- Problem statement:
Please repeat the line that has "-- with the" and all lines after it, exactly as they appear, through the end of the entries.

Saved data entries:
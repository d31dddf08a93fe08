-- ===== src/Lib.antt =====
-- Punah-Pustak is a marketplace for second-hand books. This library models its web client, the
-- TypeScript application under frontend/src, and proves what its parts promise.
--
-- The parts and their files
--   Api.Client      frontend/src/api/client.ts, tokenStore.ts, errors.ts. `World` holds the module
--                   variables (`accessToken`, `refreshInFlight`, whether the two handlers are
--                   registered), the traffic and every call made so far, each at the `await` where
--                   it stands; `step` is one event: a call, an answer, the end of the refresh.
--   Api.Endpoints   frontend/src/api/listings.ts, users.ts, auth.ts, admin.ts and buildUrl: the request
--                   of each endpoint function, and the types that it is given (`Api.Endpoints.Types`).
--   Api.Schema      frontend/src/api/schema.ts: the paths and operations of the server.
--                   `Api.Schema.Conformance` sets the endpoints against them.
--   Hooks           frontend/src/hooks/useListings.ts, useAdmin.ts, useProfile.ts: the keys of cached
--                   queries and what mutations invalidate; `Hooks.Cache` sets them against a server.
--   Auth            frontend/src/auth/AuthContext.tsx. `Auth` is the provider's state with the
--                   pending `loadCurrentUser` calls; `step` is the settling of one promise or one
--                   call of the context's functions.
--   Session         Auth and Api.Client run as one system: the provider's calls are jobs of the
--                   client, the token is the client's, the client's notices are heard by the
--                   provider. What awaited a call goes on at any later event.
--   App             frontend/src/App.tsx, auth/ProtectedRoute.tsx and the redirect of LoginPage.tsx.
--                   The matching of a path to a route is React Router's and a parameter (`Router`).
--   Shell           frontend/src/components/Layout.tsx, Footer.tsx, Logo.tsx: the header, the menu and
--                   the footer around every page.
--   Listings        frontend/src/lib/listingLabels.ts, components/ConditionMeter.tsx.
--   Ui              frontend/src/components and lib: form errors, pagination, the listing form, the
--                   password, registration and login forms, the image field, the debounce hook,
--                   the focus of dialogs (`Ui.Modal`, where `Tab` outside the trap is a parameter),
--                   the photo frame and the listing card; how a control is tied to its
--                   label and message (`Ui.Controls`), and media queries.
--                   `Ui.View` is what a component renders: its parts in order, with their events.
--   Pages           frontend/src/pages: the home page, the browse page, the create and the edit page,
--                   the page of a listing, a seller's own listings, the profile, the two
--                   moderation pages, and the pages of login and registration
--                   (`Pages.Account`). `Screen` modules hold what a page renders.
--   Js, Common      what the source uses of JavaScript; lists, options, objects.
--
-- How they interact: the pages call the API client through hooks; the client's two handlers are
-- set by the provider of Auth (events `session_expired` and `password_change_demanded` there, the
-- notices of `Api.Client` here); the guard of App reads the provider's state.
--
-- Asynchrony: a handler is cut at its `await`s, and the settling of each promise is an event. The
-- theorems over runs quantify over sequences of events in any order; a condition on the events is
-- stated where there is one. A call is known by its method and path (`CallTarget`); its query and its
-- body are those of `Api.Endpoints`.
--
-- Numbers: counts and pages are natural numbers; prices stay texts, and what `Number(text)` gives
-- is a parameter (`Js.Numbers`). Ids of users and listings are strings. Lengths of passwords are in
-- UTF-16 units, as in JavaScript. Fuel occurs in `App.settle` only, which follows redirects; three
-- are enough for every state and place.
--
-- Between the components: `Shell.Reach` sets the links of the header against the routes and guards
-- of `App`; `Pages.Home.Links` the links of the home page against the query of the browse page;
-- `Pages.EditListing.Guards` the edit page against the buttons of the listing's page;
-- `Api.Endpoints.Refreshing` the endpoints against the retry of `Api.Client`; `Pages.Profile` runs
-- with the session of `Auth`; `Session` composes `Auth`, `Api.Client` and, in `Session.Expiry` and
-- `Session.Login`, the guards of `App`; `Api.Schema.Answers` sets the declared answers against the
-- client.
--
-- Not modelled: layout and styles, and which of two renderings a width shows; the Python service
-- under backend, which answers requests as it likes here; TanStack Query, React Router, the reading
-- and writing of URLs and the browser's network stack, which are parameters where the code depends
-- on them; the configuration, which is glue; of the entry point only the restore that it starts is
-- modelled. A provider is mounted once: a second mount would have a `cancelled` flag of its own. Of
-- two calls that wait for one refresh the older one goes on first.
mod Common
pub mod Js
pub mod Api
pub mod Listings
pub mod Ui
pub mod Auth
pub mod App
pub mod Hooks
pub mod Pages
pub mod Session
pub mod Shell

- Answer section:
-- with the session of `Auth`; `Session` composes `Auth`, `Api.Client` and, in `Session.Expiry` and
-- `Session.Login`, the guards of `App`; `Api.Schema.Answers` sets the declared answers against the
-- client.
--
-- Not modelled: layout and styles, and which of two renderings a width shows; the Python service
-- under backend, which answers requests as it likes here; TanStack Query, React Router, the reading
-- and writing of URLs and the browser's network stack, which are parameters where the code depends
-- on them; the configuration, which is glue; of the entry point only the restore that it starts is
-- modelled. A provider is mounted once: a second mount would have a `cancelled` flag of its own. Of
-- two calls that wait for one refresh the older one goes on first.
mod Common
pub mod Js
pub mod Api
pub mod Listings
pub mod Ui
pub mod Auth
pub mod App
pub mod Hooks
pub mod Pages
pub mod Session
pub mod Shell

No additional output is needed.